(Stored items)
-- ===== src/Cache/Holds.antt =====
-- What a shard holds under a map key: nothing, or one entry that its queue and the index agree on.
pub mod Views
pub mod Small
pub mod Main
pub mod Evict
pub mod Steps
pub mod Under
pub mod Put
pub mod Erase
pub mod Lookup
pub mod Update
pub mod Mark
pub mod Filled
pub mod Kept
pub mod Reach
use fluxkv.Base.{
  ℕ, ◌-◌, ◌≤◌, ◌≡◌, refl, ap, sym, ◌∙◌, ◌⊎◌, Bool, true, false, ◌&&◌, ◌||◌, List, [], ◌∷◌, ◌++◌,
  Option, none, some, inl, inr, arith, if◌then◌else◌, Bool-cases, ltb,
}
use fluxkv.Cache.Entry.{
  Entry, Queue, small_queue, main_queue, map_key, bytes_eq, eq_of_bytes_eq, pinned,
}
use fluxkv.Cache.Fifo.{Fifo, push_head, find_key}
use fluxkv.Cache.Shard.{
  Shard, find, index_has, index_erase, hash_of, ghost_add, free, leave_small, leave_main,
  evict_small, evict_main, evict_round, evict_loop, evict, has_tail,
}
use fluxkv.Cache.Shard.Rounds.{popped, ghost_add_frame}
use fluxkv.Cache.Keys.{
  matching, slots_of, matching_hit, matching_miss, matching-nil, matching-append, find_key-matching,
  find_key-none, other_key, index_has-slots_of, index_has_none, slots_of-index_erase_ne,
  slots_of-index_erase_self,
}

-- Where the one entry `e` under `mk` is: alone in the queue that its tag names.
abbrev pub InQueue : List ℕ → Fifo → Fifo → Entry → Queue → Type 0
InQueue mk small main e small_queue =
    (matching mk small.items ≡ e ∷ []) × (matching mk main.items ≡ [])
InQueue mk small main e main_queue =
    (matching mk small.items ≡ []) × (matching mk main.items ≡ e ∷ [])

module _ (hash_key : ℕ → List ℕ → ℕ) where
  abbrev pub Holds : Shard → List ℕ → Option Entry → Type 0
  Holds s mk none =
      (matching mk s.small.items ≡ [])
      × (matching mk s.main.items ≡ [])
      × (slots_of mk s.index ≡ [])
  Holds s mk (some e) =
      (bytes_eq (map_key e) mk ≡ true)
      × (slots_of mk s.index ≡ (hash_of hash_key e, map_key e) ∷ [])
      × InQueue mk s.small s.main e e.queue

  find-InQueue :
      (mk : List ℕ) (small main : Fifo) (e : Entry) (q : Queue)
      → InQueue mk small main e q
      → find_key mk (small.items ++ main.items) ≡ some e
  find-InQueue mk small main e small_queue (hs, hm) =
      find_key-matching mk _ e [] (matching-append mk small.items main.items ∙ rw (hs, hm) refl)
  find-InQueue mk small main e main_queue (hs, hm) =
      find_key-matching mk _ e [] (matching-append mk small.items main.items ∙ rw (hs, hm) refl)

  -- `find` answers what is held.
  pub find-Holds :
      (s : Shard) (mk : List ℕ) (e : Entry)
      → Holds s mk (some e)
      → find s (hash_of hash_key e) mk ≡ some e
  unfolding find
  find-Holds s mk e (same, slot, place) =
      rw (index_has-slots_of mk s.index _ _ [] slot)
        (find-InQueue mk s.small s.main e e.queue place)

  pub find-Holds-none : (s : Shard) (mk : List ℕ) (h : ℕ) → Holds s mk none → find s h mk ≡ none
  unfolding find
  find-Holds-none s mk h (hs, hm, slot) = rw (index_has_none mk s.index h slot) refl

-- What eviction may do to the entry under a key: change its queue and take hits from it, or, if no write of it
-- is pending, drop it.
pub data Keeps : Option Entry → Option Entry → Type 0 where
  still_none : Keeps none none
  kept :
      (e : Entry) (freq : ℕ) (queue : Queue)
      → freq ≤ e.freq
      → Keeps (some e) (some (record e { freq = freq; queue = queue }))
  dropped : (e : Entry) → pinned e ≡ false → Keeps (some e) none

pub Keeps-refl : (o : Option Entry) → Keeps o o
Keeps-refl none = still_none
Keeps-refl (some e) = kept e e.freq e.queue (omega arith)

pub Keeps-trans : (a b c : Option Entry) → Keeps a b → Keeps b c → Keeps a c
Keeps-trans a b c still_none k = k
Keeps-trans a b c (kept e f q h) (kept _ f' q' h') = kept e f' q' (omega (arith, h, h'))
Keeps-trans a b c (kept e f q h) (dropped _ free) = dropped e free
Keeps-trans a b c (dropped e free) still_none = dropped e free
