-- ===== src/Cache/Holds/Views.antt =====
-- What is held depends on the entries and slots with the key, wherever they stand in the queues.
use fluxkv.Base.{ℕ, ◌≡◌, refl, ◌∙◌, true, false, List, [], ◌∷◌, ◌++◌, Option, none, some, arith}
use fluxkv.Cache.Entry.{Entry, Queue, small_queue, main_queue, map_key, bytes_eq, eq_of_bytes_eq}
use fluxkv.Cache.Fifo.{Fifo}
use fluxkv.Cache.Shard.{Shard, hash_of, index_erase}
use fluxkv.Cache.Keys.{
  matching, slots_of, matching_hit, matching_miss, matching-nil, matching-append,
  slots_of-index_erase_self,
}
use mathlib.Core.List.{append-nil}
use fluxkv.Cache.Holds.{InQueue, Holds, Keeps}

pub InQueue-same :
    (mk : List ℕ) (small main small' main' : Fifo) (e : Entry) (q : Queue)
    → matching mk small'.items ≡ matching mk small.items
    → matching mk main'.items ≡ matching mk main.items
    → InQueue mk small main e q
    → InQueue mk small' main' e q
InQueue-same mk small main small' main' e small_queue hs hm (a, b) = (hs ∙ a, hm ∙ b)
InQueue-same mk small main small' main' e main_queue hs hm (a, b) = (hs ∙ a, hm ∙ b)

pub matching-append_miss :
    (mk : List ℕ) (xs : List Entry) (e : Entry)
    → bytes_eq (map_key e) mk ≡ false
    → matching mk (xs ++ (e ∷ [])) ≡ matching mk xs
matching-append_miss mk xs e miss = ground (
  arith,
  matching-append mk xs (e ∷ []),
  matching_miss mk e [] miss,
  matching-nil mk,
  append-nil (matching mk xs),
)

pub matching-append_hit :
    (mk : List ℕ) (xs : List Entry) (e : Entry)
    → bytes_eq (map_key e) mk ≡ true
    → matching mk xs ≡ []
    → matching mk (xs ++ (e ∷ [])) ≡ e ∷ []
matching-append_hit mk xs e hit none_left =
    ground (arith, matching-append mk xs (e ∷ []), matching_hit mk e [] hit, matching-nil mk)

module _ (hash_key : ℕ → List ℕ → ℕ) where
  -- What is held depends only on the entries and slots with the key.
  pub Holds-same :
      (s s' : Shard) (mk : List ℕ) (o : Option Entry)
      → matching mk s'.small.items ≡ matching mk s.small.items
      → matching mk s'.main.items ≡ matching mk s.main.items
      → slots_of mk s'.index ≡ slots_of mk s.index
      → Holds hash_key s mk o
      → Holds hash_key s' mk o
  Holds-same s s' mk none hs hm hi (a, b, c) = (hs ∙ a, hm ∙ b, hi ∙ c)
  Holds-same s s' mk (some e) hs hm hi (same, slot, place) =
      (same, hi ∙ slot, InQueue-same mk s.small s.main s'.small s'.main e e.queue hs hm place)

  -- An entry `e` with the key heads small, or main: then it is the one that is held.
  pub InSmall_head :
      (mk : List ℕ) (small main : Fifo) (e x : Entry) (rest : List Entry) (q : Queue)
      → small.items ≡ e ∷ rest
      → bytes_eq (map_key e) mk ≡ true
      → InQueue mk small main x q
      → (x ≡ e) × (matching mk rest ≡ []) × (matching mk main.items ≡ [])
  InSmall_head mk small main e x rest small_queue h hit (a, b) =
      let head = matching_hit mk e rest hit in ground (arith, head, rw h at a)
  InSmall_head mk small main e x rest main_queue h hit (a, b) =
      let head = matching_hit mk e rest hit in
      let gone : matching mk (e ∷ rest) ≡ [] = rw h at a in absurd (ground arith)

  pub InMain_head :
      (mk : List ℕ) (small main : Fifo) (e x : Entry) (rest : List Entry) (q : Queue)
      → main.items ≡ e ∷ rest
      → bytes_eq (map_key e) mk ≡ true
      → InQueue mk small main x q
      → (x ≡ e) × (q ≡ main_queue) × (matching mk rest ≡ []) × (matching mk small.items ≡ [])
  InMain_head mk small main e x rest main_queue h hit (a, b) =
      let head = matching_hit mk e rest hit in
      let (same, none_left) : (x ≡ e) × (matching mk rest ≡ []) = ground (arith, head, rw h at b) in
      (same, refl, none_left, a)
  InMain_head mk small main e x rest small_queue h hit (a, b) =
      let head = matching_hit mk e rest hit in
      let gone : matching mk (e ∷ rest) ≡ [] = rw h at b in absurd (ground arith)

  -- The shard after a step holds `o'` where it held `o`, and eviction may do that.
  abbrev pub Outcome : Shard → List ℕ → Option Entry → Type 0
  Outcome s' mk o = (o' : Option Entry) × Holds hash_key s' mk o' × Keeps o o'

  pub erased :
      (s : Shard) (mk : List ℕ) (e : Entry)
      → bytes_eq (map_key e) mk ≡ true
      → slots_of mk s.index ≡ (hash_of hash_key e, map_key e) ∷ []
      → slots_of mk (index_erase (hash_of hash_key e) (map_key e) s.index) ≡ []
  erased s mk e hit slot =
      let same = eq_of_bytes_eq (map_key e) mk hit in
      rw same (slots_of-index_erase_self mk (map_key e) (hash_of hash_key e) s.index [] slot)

--

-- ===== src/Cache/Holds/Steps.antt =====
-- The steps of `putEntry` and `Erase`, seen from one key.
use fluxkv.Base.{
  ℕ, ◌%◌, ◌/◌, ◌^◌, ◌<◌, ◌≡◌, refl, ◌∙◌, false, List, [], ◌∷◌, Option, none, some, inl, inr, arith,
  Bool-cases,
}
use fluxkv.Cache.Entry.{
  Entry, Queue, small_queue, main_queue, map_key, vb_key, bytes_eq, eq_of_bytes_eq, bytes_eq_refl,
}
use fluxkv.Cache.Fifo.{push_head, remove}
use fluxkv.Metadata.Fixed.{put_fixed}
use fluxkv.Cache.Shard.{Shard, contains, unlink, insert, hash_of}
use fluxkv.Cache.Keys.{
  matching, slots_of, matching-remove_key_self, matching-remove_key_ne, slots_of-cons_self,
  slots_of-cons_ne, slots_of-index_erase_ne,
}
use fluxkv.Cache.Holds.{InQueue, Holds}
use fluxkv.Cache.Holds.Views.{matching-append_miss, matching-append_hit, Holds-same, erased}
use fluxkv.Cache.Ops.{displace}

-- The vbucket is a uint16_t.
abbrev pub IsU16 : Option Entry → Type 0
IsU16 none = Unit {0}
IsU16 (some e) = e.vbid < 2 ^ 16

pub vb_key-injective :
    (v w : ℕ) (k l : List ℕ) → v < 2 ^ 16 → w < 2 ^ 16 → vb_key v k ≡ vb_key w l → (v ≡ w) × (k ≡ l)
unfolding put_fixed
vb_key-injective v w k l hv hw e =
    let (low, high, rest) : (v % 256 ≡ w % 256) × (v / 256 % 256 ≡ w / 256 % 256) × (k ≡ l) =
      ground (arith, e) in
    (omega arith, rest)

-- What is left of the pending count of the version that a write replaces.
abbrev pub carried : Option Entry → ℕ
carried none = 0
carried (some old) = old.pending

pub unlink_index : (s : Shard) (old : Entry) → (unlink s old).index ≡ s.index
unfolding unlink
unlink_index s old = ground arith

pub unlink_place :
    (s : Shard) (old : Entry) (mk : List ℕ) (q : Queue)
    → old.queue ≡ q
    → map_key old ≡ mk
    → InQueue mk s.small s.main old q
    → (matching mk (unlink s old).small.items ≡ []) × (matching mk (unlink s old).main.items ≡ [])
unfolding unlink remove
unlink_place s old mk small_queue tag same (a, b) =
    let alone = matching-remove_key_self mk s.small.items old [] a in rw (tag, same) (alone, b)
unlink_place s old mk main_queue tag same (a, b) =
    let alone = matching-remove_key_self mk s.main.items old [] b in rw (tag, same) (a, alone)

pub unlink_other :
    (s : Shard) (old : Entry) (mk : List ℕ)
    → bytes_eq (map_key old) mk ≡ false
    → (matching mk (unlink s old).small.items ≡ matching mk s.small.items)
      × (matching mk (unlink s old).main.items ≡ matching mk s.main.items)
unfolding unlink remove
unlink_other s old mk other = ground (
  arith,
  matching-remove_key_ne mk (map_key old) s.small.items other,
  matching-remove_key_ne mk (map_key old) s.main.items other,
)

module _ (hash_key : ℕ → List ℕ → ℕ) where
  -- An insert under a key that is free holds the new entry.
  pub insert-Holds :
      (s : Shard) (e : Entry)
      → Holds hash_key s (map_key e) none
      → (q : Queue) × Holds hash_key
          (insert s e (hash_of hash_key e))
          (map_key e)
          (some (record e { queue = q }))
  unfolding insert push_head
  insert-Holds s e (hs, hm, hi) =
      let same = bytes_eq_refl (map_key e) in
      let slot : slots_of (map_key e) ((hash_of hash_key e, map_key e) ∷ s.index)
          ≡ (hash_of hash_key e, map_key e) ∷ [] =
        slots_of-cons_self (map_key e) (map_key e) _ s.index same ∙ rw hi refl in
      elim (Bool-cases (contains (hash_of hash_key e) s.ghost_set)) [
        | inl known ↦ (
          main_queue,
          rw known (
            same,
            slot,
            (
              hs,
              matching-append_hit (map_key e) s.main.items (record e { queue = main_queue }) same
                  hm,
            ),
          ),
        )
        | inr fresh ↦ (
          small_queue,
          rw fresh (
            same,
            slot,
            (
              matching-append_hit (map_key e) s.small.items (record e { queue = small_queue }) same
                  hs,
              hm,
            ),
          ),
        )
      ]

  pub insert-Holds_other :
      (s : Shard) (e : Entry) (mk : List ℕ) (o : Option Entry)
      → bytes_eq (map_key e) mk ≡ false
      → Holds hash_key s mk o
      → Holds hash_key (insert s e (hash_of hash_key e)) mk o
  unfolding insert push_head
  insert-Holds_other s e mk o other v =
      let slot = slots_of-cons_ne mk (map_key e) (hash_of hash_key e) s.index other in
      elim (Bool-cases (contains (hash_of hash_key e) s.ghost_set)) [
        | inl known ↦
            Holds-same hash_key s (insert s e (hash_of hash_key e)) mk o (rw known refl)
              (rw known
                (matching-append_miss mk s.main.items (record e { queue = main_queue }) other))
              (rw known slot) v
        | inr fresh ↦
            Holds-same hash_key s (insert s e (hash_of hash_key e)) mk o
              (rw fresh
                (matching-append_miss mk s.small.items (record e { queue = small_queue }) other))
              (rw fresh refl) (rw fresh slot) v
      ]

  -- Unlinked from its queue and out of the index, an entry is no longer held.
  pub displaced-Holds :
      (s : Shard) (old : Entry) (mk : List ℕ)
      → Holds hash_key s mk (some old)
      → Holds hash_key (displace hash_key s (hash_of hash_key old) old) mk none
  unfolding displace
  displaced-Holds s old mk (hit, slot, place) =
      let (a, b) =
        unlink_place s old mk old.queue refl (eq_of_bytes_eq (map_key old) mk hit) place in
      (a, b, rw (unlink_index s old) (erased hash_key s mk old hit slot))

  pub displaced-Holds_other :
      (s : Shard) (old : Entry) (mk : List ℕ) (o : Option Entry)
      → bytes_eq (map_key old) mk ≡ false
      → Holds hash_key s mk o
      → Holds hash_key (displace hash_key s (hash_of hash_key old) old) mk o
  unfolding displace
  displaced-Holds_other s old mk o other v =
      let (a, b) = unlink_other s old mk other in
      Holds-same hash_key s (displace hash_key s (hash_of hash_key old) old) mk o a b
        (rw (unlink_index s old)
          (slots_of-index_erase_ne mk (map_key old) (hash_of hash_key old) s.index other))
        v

§ **WHAT IS BEING ASKED**: Copy out, word for word, the part of the entries above that begins at the line with "map_key old ≡ mk" and ends at the line with "unlink_place s old mk main_queue", including both.

§ **SOLUTION TO THE EXERCISE**:
    → map_key old ≡ mk
    → InQueue mk s.small s.main old q
    → (matching mk (unlink s old).small.items ≡ []) × (matching mk (unlink s old).main.items ≡ [])
unfolding unlink remove
unlink_place s old mk small_queue tag same (a, b) =
    let alone = matching-remove_key_self mk s.small.items old [] a in rw (tag, same) (alone, b)
unlink_place s old mk main_queue tag same (a, b) =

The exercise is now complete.